元聖女ですが、過保護だった騎士が今世(いま)では塩です。
痛いところをついてしまったのだろうか、彼は一旦口を噤むと私を睨みつけた。
「本命なら……」
「え? いるの?」
「――や、ここを卒業するまでは俺は自由でいたいんだ。それまでは好きにさせてもらうさ」
そうしてカラカラと笑いながら彼は早速他の女の子たちの方へ行ってしまった。
「いつか痛い目に遭っても知らないんだから」
「相変わらずね~」
「え?」
アンナがやれやれと頭を振っているのを見て、私は首を傾げる。
「ラウルもまさか、恋愛に全く興味なさそうだったレティが教師に一目惚れするなんて思わなかったんでしょうね」
「一目惚れっていうか」
「違うの?」
「……ううん。違わないけど」
見た瞬間にビビッと来たのだ。
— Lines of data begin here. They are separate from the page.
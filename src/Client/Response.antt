-- ===== src/Client/Response.antt =====
-- `Response` of fusen/src/context.rs, without its headers and extensions. The permit of the service
-- breaker stands in a cell that the clones of a response share; here a response says whether it holds it.
use fusen_rs.Client.Select.{framework_error}
use fusen_rs.Errors.{Error, invalid_argument}
use fusen_rs.Prelude.{ℕ, Bool, true, false, ◌&&◌, leb, if◌then◌else◌, Result, ok, err}
use fusen_rs.Prelude.Bytes.{bytes_of}

pub record Response (B : Type 0) : Type 0 where
  pub body : B
  pub status : ℕ
  pub attempts : ℕ
  pub wire_origin : Bool
  pub tracks_endpoint_breaker : Bool
  pub holds_service_breaker : Bool

-- `Response::new`.
unfoldable pub new_response : {B : Type 0} → B → Response B
new_response body = record {
  body = body;
  status = 200;
  attempts = 0;
  wire_origin = false;
  tracks_endpoint_breaker = false;
  holds_service_breaker = false;
}

-- `Response::body_mut`, with what is written.
unfoldable pub body_mut : {B : Type 0} → B → Response B → Response B
body_mut body response = record response { body = body; wire_origin = false }

-- `Response::map`.
unfoldable pub map_body : {B C : Type 0} → (B → C) → Response B → Response C
map_body f response = record {
  body = f response.body;
  status = response.status;
  attempts = response.attempts;
  wire_origin = false;
  tracks_endpoint_breaker = response.tracks_endpoint_breaker;
  holds_service_breaker = response.holds_service_breaker;
}

unfoldable pub set_status : {B : Type 0} → ℕ → Response B → Result (Response B) Error
set_status status response =
    if leb 200 status && leb status 299
    then ok (record response { status = status })
    else err (
        framework_error invalid_argument 400 (bytes_of "invalid_response_status")
          (bytes_of "service invocation success response status must be 2xx"))

unfoldable pub set_attempts : {B : Type 0} → ℕ → Response B → Response B
set_attempts attempts response = record response { attempts = attempts }

unfoldable pub mark_wire_origin : {B : Type 0} → Response B → Response B
mark_wire_origin response = record response { wire_origin = true }

unfoldable pub track_endpoint_breaker : {B : Type 0} → Response B → Response B
track_endpoint_breaker response = record response { tracks_endpoint_breaker = true }

unfoldable pub hold_service_breaker : {B : Type 0} → Response B → Response B
hold_service_breaker response = record response { holds_service_breaker = true }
ある意味一目惚れであることは間違いない。
と、そこで教室の扉が開きユリウス先生が入ってきた。
背筋がピンと伸びた隙のない美しい歩き方はあの頃のクラウスを彷彿とさせて。
(やっぱり、好きだなぁ)
そう心の内で呟きながら教壇に向かう彼を目で追っていると、隣から少し呆れたような溜息が聞こえてきた。